Lake Hartwell Fisheries Habitat Improvement Underway

The S.C. Department of Natural Resources’ first fisheries habitat improvement project on Lake Hartwell resulting from the Twelve Mile Creek PCB settlement is underway at Cherry Crossing cove adjacent to their Clemson office.

The habitat improvements on Lake Hartwell, underway since April, include concrete/rock/wood structures embedded on the lake floor in shallow and deep water, aquatic vegetation, cabled-down trees along the shoreline, bank stabilization and gravel spawning beds.

“The expected benefits of habitat restoration include improved spawning success, an increase in refuge and cover habitat for fish, improved forage activity and erosion control,” said Amy B. Chastain, DNR fisheries biologist and coordinator of the habitat improvement project. “We hope that this work will improve recreational fishing considerably in this section of Lake Hartwell.”

This project is the result of the 2006 settlement with Schlumberger Technology Corp. for damages to the recreational fisheries in Lake Hartwell due to PCB contamination. The habitat project received $2.8 million from this settlement. The initial phase of the project was purchasing equipment, such as a barge and tractors, and materials for the habitat improvement work at Cherry Crossing cove.

Hazard buoys to alert boaters of underwater structures have been deployed to mark entrance into the habitat improvement area in Cherry Crossing cove.
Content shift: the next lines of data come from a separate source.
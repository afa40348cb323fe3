-- ===== src/Refs/Name/Accepted.antt =====
-- Which names `RefName::new` of src/refs/name.rs accepts.
use bole.Base.{
  false, List, [], ◌∷◌, ◌≡◌, refl, ◌≢◌, ◌↔◌, inl, inr, arith, sym, ap, subst, ◌∙◌, Bytes, bytes_eq,
  nat_eq, ◌==◌, All, Bool-cases, ok, each, each-All, each-intro,
}
use bole.Refs.Name.{slash, split, is_empty, first_is, last_is, check_segment, new}
use bole.Refs.Name.Segments.{
  join_segments, IsSegment, split_some, join-split, NoSlash, segments-NoSlash, split-join, Filled,
  FilledTail-Filled, last_is-split,
}

check_segment-ok : (seg : Bytes) → NoSlash seg → check_segment seg ≡ ok tt → IsSegment seg
unfolding check_segment
check_segment-ok seg n h = record {
  some_byte = ground arith;
  no_dot = ground arith;
  no_nul = ground arith;
  no_slash = n;
}

IsSegment-check : (seg : Bytes) → IsSegment seg → check_segment seg ≡ ok tt
unfolding check_segment
IsSegment-check seg i = rw (i.some_byte, i.no_dot, i.no_nul)

All-checked :
    (segs : List Bytes)
    → All NoSlash segs
    → All (λ seg. check_segment seg ≡ ok tt) segs
    → All IsSegment segs
All-checked [] n h = tt
All-checked (seg ∷ segs) n h = (check_segment-ok seg n.0 h.0, All-checked segs n.1 h.1)

All-segments :
    (segs : List Bytes)
    → All IsSegment segs
    → All NoSlash segs × All (λ seg. check_segment seg ≡ ok tt) segs × Filled segs
All-segments [] a = (tt, tt, tt)
All-segments (seg ∷ segs) a =
    let (n, c, f) = All-segments segs a.1 in
    ((a.0.no_slash, n), (IsSegment-check seg a.0, c), (a.0.some_byte, f))

-- The text is one segment or several, joined by separators.
abbrev pub IsName : Bytes → Type 0
IsName s = (segs : List Bytes) × (segs ≢ []) × All IsSegment segs × (join_segments segs ≡ s)

new-IsName : (s : Bytes) → new s ≡ ok s → IsName s
unfolding new
new-IsName s h =
    let checks : each check_segment (split s) ≡ ok tt = ground arith in
    (
      split s,
      split_some s,
      All-checked (split s) (segments-NoSlash s) (each-All check_segment (split s) checks),
      join-split s,
    )

Filled-start : (s : Bytes) → Filled (split s) → (is_empty s ≡ false) × (first_is slash s ≡ false)
unfolding split
Filled-start [] a = absurd (cc a.0)
Filled-start (c ∷ s) a = elim (Bool-cases (c == slash)) [
  | inl p ↦ absurd (cc ((rw (p, split) at a).0))
  | inr n ↦ (refl, n)
]

Filled-end : (s : Bytes) → Filled (split s) → last_is slash s ≡ false
Filled-end s a = elim (Bool-cases (last_is slash s)) [
  | inl p ↦ absurd (last_is-split s p (FilledTail-Filled (split s) a))
  | inr n ↦ n
]

new-of_split :
    (s : Bytes) → Filled (split s) → All (λ seg. check_segment seg ≡ ok tt) (split s) → new s ≡ ok s
unfolding new
new-of_split s filled checked = rw (
  (Filled-start s filled).0,
  (Filled-start s filled).1,
  Filled-end s filled,
  each-intro check_segment (split s) checked,
)

IsName-new : (s : Bytes) → IsName s → new s ≡ ok s
IsName-new s (segs, n, a, e) =
    let (no_slash, checked, filled) = All-segments segs a in
    let same = ap split (sym e) ∙ split-join segs n no_slash in
    new-of_split s (subst Filled (sym same) filled)
      (subst (All (λ seg. check_segment seg ≡ ok tt)) (sym same) checked)

-- A name is accepted exactly when it is one segment or several, joined by separators, where no
-- segment is empty, starts with a dot, or holds a NUL or a separator.
pub new_iff : (s : Bytes) → (new s ≡ ok s) ↔ IsName s
new_iff s = (new-IsName s, IsName-new s)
Habitat work on Lake Hartwell is expected to run at least 10 years, according to Chastain, and other coves will be included once the Cherry Crossing cove work is completed, expected by the end of 2014.

When the habitat improvement work moves to a new cove, the Cherry Crossing work area will be the site of a new fishing pier, along with additional parking, that will be constructed near the Clemson DNR office, Chastain said.